===== Material provided =====

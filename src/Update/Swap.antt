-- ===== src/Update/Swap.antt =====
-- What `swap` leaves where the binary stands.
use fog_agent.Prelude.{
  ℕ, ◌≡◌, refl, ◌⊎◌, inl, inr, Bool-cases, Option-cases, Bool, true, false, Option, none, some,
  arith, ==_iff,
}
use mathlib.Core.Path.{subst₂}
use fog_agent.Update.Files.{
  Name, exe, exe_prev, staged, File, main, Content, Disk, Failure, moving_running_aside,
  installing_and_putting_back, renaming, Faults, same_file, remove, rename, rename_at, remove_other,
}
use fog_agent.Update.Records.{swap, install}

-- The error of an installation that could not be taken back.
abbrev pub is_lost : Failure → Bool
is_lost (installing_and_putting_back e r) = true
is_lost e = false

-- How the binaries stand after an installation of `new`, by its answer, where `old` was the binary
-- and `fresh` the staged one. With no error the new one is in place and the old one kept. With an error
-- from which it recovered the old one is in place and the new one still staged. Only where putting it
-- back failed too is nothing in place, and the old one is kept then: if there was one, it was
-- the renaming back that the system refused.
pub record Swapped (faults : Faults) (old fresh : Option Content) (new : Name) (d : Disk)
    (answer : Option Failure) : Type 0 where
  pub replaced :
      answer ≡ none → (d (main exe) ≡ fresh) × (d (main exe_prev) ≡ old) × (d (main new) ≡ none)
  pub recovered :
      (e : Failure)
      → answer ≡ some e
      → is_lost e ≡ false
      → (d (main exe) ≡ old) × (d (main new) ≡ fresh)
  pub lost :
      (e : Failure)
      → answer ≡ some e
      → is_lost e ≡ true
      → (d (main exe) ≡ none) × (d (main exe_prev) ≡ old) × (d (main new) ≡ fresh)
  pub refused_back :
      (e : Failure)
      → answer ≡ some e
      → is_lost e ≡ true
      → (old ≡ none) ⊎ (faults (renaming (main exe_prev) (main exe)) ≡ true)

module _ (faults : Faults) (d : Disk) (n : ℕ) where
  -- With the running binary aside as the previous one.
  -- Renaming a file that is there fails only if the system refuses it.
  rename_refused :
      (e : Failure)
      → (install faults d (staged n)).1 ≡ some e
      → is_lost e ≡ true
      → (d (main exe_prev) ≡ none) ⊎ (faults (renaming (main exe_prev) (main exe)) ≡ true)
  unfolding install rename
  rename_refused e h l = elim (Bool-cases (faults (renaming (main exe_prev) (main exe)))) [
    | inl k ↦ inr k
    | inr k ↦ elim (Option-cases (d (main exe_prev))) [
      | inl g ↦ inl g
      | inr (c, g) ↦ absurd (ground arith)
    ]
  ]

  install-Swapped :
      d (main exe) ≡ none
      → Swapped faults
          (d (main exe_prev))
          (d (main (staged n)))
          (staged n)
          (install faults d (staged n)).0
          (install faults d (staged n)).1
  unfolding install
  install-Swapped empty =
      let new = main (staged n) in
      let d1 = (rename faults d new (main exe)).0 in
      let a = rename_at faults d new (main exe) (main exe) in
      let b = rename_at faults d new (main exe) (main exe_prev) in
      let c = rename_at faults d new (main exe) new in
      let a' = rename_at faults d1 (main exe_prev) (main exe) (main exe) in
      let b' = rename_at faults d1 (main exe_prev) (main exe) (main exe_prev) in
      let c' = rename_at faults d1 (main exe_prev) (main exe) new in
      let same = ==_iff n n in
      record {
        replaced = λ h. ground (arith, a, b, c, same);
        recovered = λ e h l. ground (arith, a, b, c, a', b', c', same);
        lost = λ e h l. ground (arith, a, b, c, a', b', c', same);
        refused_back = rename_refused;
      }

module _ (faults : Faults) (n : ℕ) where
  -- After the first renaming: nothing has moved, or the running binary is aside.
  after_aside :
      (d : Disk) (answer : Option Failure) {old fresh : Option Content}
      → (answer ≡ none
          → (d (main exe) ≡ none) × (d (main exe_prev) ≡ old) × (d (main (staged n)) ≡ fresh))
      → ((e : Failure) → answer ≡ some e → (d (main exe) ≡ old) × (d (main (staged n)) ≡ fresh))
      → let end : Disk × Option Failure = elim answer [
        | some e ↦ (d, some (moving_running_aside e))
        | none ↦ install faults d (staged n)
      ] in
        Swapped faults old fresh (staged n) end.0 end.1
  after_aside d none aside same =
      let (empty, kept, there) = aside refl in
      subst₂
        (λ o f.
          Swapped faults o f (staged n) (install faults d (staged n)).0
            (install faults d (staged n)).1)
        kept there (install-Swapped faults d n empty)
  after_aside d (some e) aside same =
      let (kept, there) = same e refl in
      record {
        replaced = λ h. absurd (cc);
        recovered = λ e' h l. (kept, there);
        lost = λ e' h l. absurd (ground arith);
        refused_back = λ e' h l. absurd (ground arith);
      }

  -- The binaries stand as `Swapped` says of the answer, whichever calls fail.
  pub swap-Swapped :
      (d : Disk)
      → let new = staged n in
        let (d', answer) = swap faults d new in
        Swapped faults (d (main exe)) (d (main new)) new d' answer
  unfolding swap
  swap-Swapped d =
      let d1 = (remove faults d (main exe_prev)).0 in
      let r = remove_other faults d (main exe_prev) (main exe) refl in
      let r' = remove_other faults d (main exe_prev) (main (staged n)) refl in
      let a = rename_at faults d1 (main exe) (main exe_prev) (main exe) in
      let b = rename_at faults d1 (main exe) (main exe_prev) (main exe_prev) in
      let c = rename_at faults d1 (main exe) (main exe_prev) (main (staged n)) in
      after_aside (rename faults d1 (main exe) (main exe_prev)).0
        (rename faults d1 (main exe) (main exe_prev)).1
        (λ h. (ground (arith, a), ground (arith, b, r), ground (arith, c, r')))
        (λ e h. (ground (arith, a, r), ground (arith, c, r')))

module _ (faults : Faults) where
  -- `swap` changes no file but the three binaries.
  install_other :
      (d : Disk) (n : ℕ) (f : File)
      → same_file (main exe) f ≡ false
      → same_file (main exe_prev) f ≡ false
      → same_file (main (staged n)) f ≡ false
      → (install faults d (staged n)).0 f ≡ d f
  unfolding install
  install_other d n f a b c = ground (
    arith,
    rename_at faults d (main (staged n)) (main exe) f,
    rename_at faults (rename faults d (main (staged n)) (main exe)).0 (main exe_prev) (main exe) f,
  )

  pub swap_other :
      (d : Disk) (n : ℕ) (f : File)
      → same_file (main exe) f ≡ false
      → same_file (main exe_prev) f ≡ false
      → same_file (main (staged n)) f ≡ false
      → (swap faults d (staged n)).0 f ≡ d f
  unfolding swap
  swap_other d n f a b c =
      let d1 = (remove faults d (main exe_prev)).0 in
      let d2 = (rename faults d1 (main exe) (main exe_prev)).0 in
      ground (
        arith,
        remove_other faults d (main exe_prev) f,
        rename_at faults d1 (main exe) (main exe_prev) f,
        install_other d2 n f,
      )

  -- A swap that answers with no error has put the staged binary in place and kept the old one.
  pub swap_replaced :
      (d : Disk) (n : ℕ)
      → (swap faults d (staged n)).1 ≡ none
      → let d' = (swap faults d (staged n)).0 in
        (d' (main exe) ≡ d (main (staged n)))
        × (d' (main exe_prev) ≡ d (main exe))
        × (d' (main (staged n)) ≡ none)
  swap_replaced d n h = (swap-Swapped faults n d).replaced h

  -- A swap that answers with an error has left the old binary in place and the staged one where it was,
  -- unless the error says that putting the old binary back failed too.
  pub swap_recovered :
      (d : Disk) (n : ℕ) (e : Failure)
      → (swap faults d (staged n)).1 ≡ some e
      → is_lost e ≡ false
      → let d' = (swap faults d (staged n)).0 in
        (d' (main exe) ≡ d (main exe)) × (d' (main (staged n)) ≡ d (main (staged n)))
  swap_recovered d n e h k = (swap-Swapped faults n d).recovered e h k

=====
===== Material provided =====

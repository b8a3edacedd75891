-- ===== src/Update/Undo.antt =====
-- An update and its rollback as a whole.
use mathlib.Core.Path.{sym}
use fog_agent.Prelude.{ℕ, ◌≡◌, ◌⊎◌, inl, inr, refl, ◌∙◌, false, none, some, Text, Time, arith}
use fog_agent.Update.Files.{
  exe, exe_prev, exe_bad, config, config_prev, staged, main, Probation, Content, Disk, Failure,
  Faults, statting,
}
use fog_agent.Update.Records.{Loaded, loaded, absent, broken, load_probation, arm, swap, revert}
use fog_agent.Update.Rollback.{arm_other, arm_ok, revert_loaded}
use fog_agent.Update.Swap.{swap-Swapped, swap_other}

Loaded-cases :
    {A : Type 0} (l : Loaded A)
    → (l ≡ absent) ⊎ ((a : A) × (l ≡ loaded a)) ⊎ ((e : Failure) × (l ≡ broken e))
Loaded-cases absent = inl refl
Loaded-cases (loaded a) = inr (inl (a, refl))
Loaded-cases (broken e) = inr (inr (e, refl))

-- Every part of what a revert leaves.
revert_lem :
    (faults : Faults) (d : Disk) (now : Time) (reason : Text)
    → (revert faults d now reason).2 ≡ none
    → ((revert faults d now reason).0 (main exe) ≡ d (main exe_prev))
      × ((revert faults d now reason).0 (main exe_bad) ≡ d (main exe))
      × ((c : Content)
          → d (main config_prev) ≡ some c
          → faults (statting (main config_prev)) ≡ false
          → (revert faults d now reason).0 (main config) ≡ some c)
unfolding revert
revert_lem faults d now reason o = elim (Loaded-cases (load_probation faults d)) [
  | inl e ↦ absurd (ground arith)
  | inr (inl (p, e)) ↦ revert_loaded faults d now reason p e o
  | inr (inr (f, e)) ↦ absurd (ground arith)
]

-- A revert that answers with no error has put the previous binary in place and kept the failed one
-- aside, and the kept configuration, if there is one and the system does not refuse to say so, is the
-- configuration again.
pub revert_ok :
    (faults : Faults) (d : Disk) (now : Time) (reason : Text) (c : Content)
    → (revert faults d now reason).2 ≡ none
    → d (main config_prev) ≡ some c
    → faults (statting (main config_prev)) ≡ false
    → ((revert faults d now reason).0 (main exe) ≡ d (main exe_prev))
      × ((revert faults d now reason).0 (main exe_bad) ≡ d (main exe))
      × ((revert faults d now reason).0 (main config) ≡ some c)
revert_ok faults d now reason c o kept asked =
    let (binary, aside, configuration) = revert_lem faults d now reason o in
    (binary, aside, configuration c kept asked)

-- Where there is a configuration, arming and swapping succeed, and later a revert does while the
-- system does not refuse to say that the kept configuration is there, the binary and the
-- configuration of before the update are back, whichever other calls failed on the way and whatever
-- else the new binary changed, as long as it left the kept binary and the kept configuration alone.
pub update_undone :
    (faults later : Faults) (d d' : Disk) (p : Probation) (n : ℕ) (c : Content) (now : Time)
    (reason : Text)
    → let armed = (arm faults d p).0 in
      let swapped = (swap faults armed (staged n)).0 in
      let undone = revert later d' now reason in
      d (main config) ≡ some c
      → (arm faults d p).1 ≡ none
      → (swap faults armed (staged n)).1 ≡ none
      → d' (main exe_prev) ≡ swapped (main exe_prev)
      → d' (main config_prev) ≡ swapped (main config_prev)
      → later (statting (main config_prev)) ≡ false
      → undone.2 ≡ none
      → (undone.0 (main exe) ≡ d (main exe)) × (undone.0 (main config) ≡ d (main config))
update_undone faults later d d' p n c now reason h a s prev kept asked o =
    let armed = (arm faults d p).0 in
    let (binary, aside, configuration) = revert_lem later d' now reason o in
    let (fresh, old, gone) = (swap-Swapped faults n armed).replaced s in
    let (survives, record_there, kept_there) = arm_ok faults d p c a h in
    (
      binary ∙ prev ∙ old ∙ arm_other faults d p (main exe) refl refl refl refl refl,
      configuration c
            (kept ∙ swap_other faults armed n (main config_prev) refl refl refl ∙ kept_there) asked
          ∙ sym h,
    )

=====
===== Material provided =====

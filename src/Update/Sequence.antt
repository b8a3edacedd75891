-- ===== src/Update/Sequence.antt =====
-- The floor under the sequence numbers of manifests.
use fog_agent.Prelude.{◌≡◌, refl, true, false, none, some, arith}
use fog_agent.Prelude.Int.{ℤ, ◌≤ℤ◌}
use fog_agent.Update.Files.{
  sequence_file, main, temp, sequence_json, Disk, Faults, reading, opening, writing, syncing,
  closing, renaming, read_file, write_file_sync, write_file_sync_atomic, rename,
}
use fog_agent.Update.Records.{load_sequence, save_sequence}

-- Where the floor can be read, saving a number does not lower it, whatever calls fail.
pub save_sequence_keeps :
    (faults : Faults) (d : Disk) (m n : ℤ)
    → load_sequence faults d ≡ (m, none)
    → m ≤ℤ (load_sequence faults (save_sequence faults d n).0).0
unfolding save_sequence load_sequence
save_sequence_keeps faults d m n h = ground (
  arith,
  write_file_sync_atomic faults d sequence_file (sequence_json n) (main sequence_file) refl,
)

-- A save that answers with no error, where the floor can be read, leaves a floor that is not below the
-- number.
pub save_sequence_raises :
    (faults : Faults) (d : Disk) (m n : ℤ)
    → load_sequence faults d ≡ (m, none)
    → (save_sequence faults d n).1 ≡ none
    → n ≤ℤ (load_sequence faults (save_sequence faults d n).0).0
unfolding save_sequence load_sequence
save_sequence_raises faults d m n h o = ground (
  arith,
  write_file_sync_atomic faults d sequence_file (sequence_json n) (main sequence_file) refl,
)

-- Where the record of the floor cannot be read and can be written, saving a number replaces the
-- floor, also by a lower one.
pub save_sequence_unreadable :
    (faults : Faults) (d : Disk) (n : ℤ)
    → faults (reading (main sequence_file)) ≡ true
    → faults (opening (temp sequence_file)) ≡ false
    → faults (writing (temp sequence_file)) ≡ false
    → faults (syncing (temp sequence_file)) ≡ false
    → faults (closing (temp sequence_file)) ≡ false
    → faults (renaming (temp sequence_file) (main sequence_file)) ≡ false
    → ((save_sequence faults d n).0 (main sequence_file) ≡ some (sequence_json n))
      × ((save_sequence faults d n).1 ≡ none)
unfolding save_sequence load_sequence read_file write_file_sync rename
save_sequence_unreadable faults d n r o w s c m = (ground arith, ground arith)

=====

[Problem statement]:
Taking the line with "(d : Disk) (n : ℕ) (e : Failure)" as the first and the line with "swap_recovered d n" as the last, retype that stretch of the data above exactly, with no other lines.

[Exercise output]:
      (d : Disk) (n : ℕ) (e : Failure)
      → (swap faults d (staged n)).1 ≡ some e
      → is_lost e ≡ false
      → let d' = (swap faults d (staged n)).0 in
        (d' (main exe) ≡ d (main exe)) × (d' (main (staged n)) ≡ d (main (staged n)))
  swap_recovered d n e h k = (swap-Swapped faults n d).recovered e h k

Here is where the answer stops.